Check every line of the data below for the string "Facts", and copy the ones that hold it.

Saved data entries:
--------------------------------------------------
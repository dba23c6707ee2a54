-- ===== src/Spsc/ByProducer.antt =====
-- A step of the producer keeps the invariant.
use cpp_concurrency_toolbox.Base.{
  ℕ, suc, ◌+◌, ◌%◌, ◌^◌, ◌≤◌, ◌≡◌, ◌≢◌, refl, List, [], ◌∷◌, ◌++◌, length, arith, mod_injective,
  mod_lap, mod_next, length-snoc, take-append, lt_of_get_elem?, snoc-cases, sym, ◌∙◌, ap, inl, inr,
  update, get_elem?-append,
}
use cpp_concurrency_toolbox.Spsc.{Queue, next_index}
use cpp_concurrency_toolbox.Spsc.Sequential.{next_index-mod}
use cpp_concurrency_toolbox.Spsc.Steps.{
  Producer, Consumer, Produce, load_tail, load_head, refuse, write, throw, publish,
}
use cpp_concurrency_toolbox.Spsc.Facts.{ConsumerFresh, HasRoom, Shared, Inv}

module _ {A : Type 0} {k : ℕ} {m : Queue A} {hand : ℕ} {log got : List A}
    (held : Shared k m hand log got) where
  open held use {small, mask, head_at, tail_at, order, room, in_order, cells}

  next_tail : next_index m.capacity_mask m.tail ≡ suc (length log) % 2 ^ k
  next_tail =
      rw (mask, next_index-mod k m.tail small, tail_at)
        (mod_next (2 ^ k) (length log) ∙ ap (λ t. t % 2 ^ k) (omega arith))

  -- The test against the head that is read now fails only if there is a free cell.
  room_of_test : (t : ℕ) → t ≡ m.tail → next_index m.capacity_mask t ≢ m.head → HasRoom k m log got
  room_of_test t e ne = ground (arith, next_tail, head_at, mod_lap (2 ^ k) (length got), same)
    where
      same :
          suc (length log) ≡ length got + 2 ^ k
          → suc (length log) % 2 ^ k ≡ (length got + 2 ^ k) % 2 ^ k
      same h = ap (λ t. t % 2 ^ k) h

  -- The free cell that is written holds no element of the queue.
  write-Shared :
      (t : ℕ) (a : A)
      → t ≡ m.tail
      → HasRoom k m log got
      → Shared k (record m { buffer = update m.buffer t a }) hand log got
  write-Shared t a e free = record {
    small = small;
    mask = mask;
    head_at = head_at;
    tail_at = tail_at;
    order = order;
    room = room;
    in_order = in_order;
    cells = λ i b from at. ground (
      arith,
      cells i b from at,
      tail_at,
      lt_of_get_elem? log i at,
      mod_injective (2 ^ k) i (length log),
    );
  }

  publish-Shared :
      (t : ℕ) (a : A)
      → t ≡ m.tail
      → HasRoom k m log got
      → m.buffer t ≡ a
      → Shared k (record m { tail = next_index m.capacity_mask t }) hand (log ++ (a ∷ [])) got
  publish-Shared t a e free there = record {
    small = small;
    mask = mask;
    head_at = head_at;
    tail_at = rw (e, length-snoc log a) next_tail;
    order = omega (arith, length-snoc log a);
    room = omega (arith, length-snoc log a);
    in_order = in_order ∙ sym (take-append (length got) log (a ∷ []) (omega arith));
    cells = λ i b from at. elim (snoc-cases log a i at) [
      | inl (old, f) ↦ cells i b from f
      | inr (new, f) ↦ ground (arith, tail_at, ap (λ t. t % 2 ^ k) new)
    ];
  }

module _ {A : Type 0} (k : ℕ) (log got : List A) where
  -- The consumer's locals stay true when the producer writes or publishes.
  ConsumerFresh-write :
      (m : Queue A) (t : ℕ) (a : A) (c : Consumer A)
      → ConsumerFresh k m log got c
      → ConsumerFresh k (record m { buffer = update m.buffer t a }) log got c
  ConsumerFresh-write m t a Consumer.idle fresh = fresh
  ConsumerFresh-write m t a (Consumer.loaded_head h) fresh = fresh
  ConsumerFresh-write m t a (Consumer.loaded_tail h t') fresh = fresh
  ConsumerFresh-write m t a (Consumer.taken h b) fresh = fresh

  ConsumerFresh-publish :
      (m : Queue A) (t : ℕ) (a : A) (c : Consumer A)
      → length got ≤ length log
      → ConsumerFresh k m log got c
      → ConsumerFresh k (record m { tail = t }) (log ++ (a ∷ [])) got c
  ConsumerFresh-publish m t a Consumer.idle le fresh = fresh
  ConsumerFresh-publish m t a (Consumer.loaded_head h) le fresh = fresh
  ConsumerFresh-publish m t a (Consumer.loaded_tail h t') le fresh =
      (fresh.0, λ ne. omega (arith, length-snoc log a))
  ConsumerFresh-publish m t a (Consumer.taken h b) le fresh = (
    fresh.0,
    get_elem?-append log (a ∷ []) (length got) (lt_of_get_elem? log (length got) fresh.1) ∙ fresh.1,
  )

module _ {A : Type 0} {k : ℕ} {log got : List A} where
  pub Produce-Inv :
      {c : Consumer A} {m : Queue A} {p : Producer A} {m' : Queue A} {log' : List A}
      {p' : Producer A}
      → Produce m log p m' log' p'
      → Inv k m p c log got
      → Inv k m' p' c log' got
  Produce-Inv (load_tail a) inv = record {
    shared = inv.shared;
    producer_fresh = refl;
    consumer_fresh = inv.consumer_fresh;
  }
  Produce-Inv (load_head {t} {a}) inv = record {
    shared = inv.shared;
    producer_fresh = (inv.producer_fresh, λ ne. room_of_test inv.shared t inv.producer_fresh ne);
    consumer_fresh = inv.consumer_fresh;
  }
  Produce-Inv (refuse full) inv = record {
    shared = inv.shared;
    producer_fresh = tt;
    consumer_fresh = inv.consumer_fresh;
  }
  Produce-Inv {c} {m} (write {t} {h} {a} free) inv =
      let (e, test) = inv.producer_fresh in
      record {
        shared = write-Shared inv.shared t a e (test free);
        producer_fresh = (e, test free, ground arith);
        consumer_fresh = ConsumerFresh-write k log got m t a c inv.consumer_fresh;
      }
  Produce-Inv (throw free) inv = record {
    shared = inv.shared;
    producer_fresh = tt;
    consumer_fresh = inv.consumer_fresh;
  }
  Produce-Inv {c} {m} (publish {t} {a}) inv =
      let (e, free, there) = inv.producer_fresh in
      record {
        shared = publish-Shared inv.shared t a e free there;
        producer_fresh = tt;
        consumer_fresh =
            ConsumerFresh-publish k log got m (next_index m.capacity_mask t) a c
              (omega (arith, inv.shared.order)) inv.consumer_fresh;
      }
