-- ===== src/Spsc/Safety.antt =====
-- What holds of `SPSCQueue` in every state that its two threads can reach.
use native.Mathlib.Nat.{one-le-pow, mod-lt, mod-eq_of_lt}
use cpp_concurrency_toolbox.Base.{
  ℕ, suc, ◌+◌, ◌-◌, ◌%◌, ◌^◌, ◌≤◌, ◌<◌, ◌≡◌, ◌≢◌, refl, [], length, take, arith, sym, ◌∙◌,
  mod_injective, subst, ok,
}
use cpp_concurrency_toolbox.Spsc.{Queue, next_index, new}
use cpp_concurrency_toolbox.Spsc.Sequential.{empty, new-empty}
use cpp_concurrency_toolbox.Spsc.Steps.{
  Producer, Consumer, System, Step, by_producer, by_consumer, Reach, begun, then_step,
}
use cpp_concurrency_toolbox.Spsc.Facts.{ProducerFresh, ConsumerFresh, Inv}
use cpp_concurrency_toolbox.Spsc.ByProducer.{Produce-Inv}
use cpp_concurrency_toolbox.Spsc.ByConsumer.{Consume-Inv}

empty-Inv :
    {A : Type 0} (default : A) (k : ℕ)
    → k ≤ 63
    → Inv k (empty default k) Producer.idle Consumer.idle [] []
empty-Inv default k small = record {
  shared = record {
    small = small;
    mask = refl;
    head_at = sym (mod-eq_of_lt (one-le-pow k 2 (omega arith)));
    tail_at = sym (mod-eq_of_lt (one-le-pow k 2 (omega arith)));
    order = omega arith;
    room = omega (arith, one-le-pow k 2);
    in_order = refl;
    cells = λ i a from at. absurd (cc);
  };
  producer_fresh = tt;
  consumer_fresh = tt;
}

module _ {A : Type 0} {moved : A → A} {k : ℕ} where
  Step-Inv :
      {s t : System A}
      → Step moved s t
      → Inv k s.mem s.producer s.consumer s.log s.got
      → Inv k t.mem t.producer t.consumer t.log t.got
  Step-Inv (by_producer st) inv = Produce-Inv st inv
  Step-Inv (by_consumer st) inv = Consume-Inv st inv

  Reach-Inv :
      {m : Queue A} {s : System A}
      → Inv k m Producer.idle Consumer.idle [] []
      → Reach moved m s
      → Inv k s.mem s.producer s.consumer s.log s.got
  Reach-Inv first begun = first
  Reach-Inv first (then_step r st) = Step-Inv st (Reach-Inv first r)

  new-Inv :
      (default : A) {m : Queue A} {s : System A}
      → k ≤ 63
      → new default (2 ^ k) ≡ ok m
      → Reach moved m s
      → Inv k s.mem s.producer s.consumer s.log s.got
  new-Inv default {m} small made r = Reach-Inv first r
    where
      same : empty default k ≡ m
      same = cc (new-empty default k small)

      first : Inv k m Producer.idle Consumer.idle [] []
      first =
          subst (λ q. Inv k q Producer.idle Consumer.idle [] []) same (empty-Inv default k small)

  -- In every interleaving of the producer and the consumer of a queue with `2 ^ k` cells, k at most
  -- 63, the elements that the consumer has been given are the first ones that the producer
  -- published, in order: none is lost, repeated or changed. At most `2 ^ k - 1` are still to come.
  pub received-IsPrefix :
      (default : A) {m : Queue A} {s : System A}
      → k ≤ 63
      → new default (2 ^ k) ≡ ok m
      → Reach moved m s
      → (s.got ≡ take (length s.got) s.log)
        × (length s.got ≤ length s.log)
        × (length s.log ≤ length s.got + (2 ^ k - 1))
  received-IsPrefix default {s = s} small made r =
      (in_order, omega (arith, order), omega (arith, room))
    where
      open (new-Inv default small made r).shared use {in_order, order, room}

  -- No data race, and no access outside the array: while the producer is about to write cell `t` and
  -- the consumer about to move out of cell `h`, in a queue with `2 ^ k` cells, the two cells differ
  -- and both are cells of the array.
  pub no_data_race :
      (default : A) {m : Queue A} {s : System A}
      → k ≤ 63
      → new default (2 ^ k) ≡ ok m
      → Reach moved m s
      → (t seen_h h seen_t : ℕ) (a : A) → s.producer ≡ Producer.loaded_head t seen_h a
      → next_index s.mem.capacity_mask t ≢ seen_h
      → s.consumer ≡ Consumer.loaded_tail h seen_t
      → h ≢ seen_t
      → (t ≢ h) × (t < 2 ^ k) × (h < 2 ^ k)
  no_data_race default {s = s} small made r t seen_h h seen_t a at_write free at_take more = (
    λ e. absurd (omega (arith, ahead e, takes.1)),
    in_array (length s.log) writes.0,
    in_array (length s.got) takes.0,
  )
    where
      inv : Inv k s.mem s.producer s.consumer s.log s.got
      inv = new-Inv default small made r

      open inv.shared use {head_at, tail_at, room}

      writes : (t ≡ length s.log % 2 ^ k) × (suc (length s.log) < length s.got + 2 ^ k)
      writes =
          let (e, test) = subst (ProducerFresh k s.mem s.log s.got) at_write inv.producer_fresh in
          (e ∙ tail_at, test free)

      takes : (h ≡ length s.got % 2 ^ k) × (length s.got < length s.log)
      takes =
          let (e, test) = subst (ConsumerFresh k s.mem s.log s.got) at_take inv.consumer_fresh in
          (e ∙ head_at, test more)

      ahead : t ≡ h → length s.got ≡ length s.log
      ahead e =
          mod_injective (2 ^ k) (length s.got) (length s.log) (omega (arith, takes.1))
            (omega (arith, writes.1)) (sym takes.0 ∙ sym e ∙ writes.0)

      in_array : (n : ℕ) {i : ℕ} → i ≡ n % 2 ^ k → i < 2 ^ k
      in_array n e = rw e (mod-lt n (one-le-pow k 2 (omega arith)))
--------------------------------------------------
TASK OUTPUT
use cpp_concurrency_toolbox.Spsc.Facts.{ConsumerFresh, HasRoom, Shared, Inv}
use cpp_concurrency_toolbox.Spsc.Facts.{ProducerFresh, ConsumerFresh, Inv}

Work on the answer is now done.